# 2020-2-21



## wolverines (Jan 29, 2007)

Recently upgraded a bunch of my calling gear and finally got out to try it all Friday night. Second stand called in a pair and was able to connect with one. Turned out to be my biggest coyote to date. 

I’ve got the video to upload but it’s not showing up as an option to upload. I’ll post it if/when I figure out how.


----------



## wolverines (Jan 29, 2007)

Not sure if this will work, but link to video on YouTube is above. 

As a side note, for anyone claiming the 6.5 creedmoor is overkill for coyotes I respectfully disagree.


----------



## Tactical Assist (Dec 27, 2019)

Nice shot! That’s a big yote, how far of a shot?


----------



## wolverines (Jan 29, 2007)

Tactical Assist said:


> Nice shot! That’s a big yote, how far of a shot?


Coyotes are right at 200 yards. I'm zoomed in to just over 16 power on the 5-20. Original video quality is slightly better on the original compared to how it looks on YouTube.


----------



## Tactical Assist (Dec 27, 2019)

Nice........you dropped him at 200 yards!
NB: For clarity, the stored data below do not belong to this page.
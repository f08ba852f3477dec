-- ===== src/Environment/Kernel.antt =====
-- Which releases kernel_at_least_5_15 of csrc/loader_io_uring.cpp accepts.
use instant_tensor.Base.{
  ℕ, ◌+◌, ◌-◌, ◌*◌, ◌^◌, ◌<◌, min, ◌≡◌, refl, ap, ◌∙◌, Bool, true, false, ◌&&◌, ◌||◌, ◌==◌, leb,
  ltb, some, List, [], ◌∷◌, ◌++◌, map, arith,
}
use instant_tensor.Base.Int.{pos}
use instant_tensor.Environment.{
  Bytes, is_digit, is_space, read_digits, strtol, is_recent, after_major, kernel_at_least_5_15,
}

-- A number in decimal, the highest digit first: its bytes and its value.
abbrev pub digit_byte : ℕ → ℕ
digit_byte d = 48 + d

abbrev pub value_from : ℕ → List ℕ → ℕ
value_from n [] = n
value_from n (d ∷ ds) = value_from (n * 10 + d) ds

abbrev pub AllDigits : List ℕ → Type 0
AllDigits [] = Unit
AllDigits (d ∷ ds) = (d < 10) × AllDigits ds

abbrev pub starts_number : Bytes → Bool
starts_number [] = false
starts_number (c ∷ s) = is_digit c

digit_byte-is_digit : (d : ℕ) → d < 10 → is_digit (digit_byte d) ≡ true
digit_byte-is_digit d h = ground arith

read_digits-text :
    (n : ℕ) (ds : List ℕ) (rest : Bytes)
    → AllDigits ds
    → starts_number rest ≡ false
    → read_digits n (map digit_byte ds ++ rest) ≡ (value_from n ds, rest)
read_digits-text n [] [] all h = refl
read_digits-text n [] (c ∷ rest) all h = rw h refl
read_digits-text n (d ∷ ds) rest (below, all) h =
    let same : digit_byte d - 48 ≡ d = omega arith in
    rw (digit_byte-is_digit d below, same) (read_digits-text (n * 10 + d) ds rest all h)

clamped :
    (major minor : ℕ) (rest : Bytes)
    → is_recent (pos (min major (2 ^ 63 - 1))) (some (pos (min minor (2 ^ 63 - 1)), rest))
      ≡ (ltb 5 major || (major == 5 && leb 15 minor))
clamped major minor rest = ground arith

strtol-text :
    (d : ℕ) (ds : List ℕ) (rest : Bytes)
    → AllDigits (d ∷ ds)
    → starts_number rest ≡ false
    → strtol (map digit_byte (d ∷ ds) ++ rest)
      ≡ some (pos (min (value_from 0 (d ∷ ds)) (2 ^ 63 - 1)), rest)
strtol-text d ds rest (below, all) h =
    let space : is_space (digit_byte d) ≡ false = ground arith in
    let minus : (digit_byte d == 45) ≡ false = ground arith in
    let plus : (digit_byte d == 43) ≡ false = ground arith in
    let same : digit_byte d - 48 ≡ d = omega arith in
    let read =
      ap (λ k. read_digits (0 + k) (map digit_byte ds ++ rest)) same
      ∙ read_digits-text (0 + d) ds rest all h in
    rw (space, minus, plus, digit_byte-is_digit d below)
      (ap (λ (r : ℕ × Bytes). some (pos (min r.0 (2 ^ 63 - 1)), r.1)) read)

-- A major number, a dot and a minor number, each with one digit or more, and then nothing or what is
-- no digit: the kernel is accepted exactly from 5.15 on, however large the numbers are.
pub kernel_at_least_5_15_lem :
    (d : ℕ) (ds : List ℕ) (e : ℕ) (es : List ℕ) (rest : Bytes)
    → AllDigits (d ∷ ds)
    → AllDigits (e ∷ es)
    → starts_number rest ≡ false
    → kernel_at_least_5_15
        (some (map digit_byte (d ∷ ds) ++ 46 ∷ (map digit_byte (e ∷ es) ++ rest)))
      ≡ (ltb 5 (value_from 0 (d ∷ ds))
          || (value_from 0 (d ∷ ds) == 5 && leb 15 (value_from 0 (e ∷ es))))
unfolding kernel_at_least_5_15
kernel_at_least_5_15_lem d ds e es rest major_digits minor_digits h =
    let dot : starts_number (46 ∷ (map digit_byte (e ∷ es) ++ rest)) ≡ false = ground arith in
    ap after_major (strtol-text d ds (46 ∷ (map digit_byte (e ∷ es) ++ rest)) major_digits dot)
    ∙ ap (is_recent (pos (min (value_from 0 (d ∷ ds)) (2 ^ 63 - 1))))
        (strtol-text e es rest minor_digits h)
    ∙ clamped (value_from 0 (d ∷ ds)) (value_from 0 (e ∷ es)) rest
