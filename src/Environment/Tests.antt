-- ===== src/Environment/Tests.antt =====
-- A release of the kernel, and what is asked of the machine.
use instant_tensor.Base.{◌≡◌, refl, true, some, [], ◌∷◌, arith}
use instant_tensor.Environment.{kernel_at_least_5_15}
use instant_tensor.Environment.Kernel.{kernel_at_least_5_15_lem}

-- 6.8.0
kernel_at_least_5_15_example : kernel_at_least_5_15 (some (54 ∷ 46 ∷ 56 ∷ 46 ∷ 48 ∷ [])) ≡ true
kernel_at_least_5_15_example =
    kernel_at_least_5_15_lem 6 [] 8 [] (46 ∷ 48 ∷ []) (omega arith, tt) (omega arith, tt) refl
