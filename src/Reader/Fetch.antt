-- ===== src/Reader/Fetch.antt =====
-- src/logreader.c, log_reader_fetch_log: the reads of one dispatch, up to the fetch limit.
pub mod Ends
use indigo.Prelude.{
  ℕ, zero, suc, ◌+◌, ◌-◌, ◌*◌, Bool, true, false, not, ◌&&◌, ◌||◌, Option, none, some, List, [],
  ◌∷◌, ◌++◌, ◌==◌, ltb, if◌then◌else◌, length, is_empty,
}
use indigo.Reader.{LogReaderOptions, LogReader, Pipe, Iterated, log_reader_iterate_buf}

-- What `fd_read` reports: bytes and the sender's address (no bytes is end of file), or -1 with
-- errno EAGAIN or another.
pub data ReadResult (A : Type 0) : Type 0 where
  bytes : List ℕ → Option A → ReadResult A
  again failed : ReadResult A

-- NC_CLOSE and NC_READ_ERROR
pub data ReadNotify : Type 0 where
  close read_error : ReadNotify

-- What log_reader_fetch_log leaves: the reader, the states behind the pipe and the descriptor,
-- what it notified its control pipe of, and its result.
pub record Fetched (A W R : Type 0) : Type 0 where
  pub reader : LogReader A
  pub world : W
  pub input : R
  pub notified : Option ReadNotify
  pub result : Bool

-- After a read: the function returns, or the loop goes on.
pub data Round {A W : Type 0} (pipe : Pipe A W) (o : LogReaderOptions) (R : Type 0) : Type 0 where
  finish : Fetched A W R → Round pipe o R
  go_on : Iterated pipe o → R → Round pipe o R

-- `rc == 0 && (self->flags & (LR_FOLLOW + LR_PKTTERM)) == 0`
abbrev pub is_eof : {A : Type 0} → LogReader A → List ℕ → Bool
is_eof s bs = is_empty bs && not (s.follow || s.pktterm)

-- padding is set and another number of bytes has come
abbrev pub is_short : LogReaderOptions → List ℕ → Bool
is_short o bs = not (o.padding == 0) && not (length bs == o.padding)

-- `avail`
abbrev pub room : {A : Type 0} → LogReaderOptions → LogReader A → ℕ
room o s = if o.padding == 0 then o.msg_size - length s.buffer else o.padding

-- the iteration after some bytes have been put behind those in the buffer
abbrev pub take_in :
    {A W : Type 0} (pipe : Pipe A W) (o : LogReaderOptions)
    → LogReader A
    → List ℕ
    → Option A
    → ℕ
    → W
    → Iterated pipe o
take_in pipe o s bs sa msg_count w =
    log_reader_iterate_buf pipe o (record s { buffer = s.buffer ++ bs }) sa false msg_count w

-- the rounds that always suffice: each counts a message or fills the buffer further
abbrev pub enough_fuel : LogReaderOptions → ℕ
enough_fuel o = suc (o.fetch_limit * suc o.msg_size + o.msg_size)

module _ {A W R : Type 0} (pipe : Pipe A W) (o : LogReaderOptions)
    (read : R → ℕ → ReadResult A × R) where
  -- TRUE with nothing to notify
  pub fetched : LogReader A → W → R → Fetched A W R
  fetched s w r = record { reader = s; world = w; input = r; notified = none; result = true }

  -- FALSE: the buffer is flushed with no address, then the control pipe is notified
  pub flushed : LogReader A → ℕ → W → R → ReadNotify → Fetched A W R
  flushed s msg_count w r code =
      let i = log_reader_iterate_buf pipe o s none true msg_count w in
      record { reader = i.reader; world = i.world; input = r; notified = some code; result = false }

  -- what a round does with the result of the read
  pub after_read : LogReader A → ℕ → W → R → ReadResult A → Round pipe o R
  unfolding fetched flushed
  after_read s msg_count w r again = finish (fetched s w r)
  after_read s msg_count w r failed = finish (flushed s msg_count w r read_error)
  after_read s msg_count w r (bytes bs sa) =
      if is_eof s bs
      then finish (flushed s msg_count w r close)
      else if is_short o bs
      then finish
          (record { reader = s; world = w; input = r; notified = some read_error; result = false })
      else let i = take_in pipe o s bs sa msg_count w in
        if s.nomread then finish (fetched i.reader i.world r) else go_on i r

  -- The while loop, on fuel for the number of reads; `none` means that the fuel ran out.
  pub fetch_loop : ℕ → LogReader A → ℕ → W → R → Option (Fetched A W R)
  unfolding after_read
  fetch_loop zero s msg_count w r = none
  fetch_loop (suc fuel) s msg_count w r = elim (ltb msg_count o.fetch_limit) [
    | false ↦ some (fetched s w r)
    | true ↦
        let (rc, r') = read r (room o s) in
        elim (after_read s msg_count w r' rc) [
          | finish x ↦ some x
          | go_on i r'' ↦ fetch_loop fuel i.reader i.msg_count i.world r''
        ]
  ]

  -- log_reader_fetch_log
  pub log_reader_fetch_log : LogReader A → W → R → Option (Fetched A W R)
  unfolding fetch_loop
  log_reader_fetch_log s w r = elim s.complete_line [
    | false ↦ fetch_loop (enough_fuel o) s 0 w r
    | true ↦
        let i = log_reader_iterate_buf pipe o s none false 0 w in
        elim (not (is_empty i.reader.buffer) || s.nomread) [
          | true ↦ some (fetched i.reader i.world r)
          | false ↦ fetch_loop (enough_fuel o) i.reader i.msg_count i.world r
        ]
  ]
I hope one of these days I can get in a 300, 400 or even 500 yard shot with my 223 with a 24” barrel.
500 yards would be the limit on range, that bullet drops 45.5”
400 yards 22”
300 yards 8”
200 yards 1.3”
600 yards 81.9”
700 yards 141.7”
800 yards 223.4”

One of my hunting buddies went to a 6.5 creedmoor, he said he likes it more than his 223 built rifle.


----------



## wolverines (Jan 29, 2007)

Tactical Assist said:


> One of my hunting buddies went to a 6.5 creedmoor, he said he likes it more than his 223 built rifle.


I considered setting up my night calling rig with my 224 Valkyrie, but I also hunt with a group running hounds. Considering all the hiking that can be involved with that, I opted to use the 6.5CM which is a much heavier gun and kept the light weight Valkyrie for hunting with hounds. Both are capable of longer shots when needed, I just don't want to think about hold over and drop in the heat of the moment.

I like the long range stuff for woodchucks


----------



## old graybeard (Jan 19, 2006)

Congrats!


----------



## Superhik (Jan 9, 2018)

Congrats! Cool video. It is really interesting to see how they behave. The one on the right new something was up, even at 200 yards. If you pause at 0:18 you can see that other one stopped and turned around facing you...


----------



## wolverines (Jan 29, 2007)

Superhik said:


> Congrats! Cool video. It is really interesting to see how they behave. The one on the right new something was up, even at 200 yards. If you pause at 0:18 you can see that other one stopped and turned around facing you...


I also noticed that they were looking right at me almost the entire time. The call is on an angle forward and to the right of me about 40 yards. Pretty sure they saw me despite being in the shadow of a huge oak tree. Makes me wonder if wearing black rather than snow camo is better at night.....


----------



## Far Beyond Driven (Jan 23, 2006)

Did you get a weight?


----------



## wolverines (Jan 29, 2007)

Far Beyond Driven said:


> Did you get a weight?


Yes sir, but thinking about posting a "guess the weight" if anyone's interested. That's always fun I think...


----------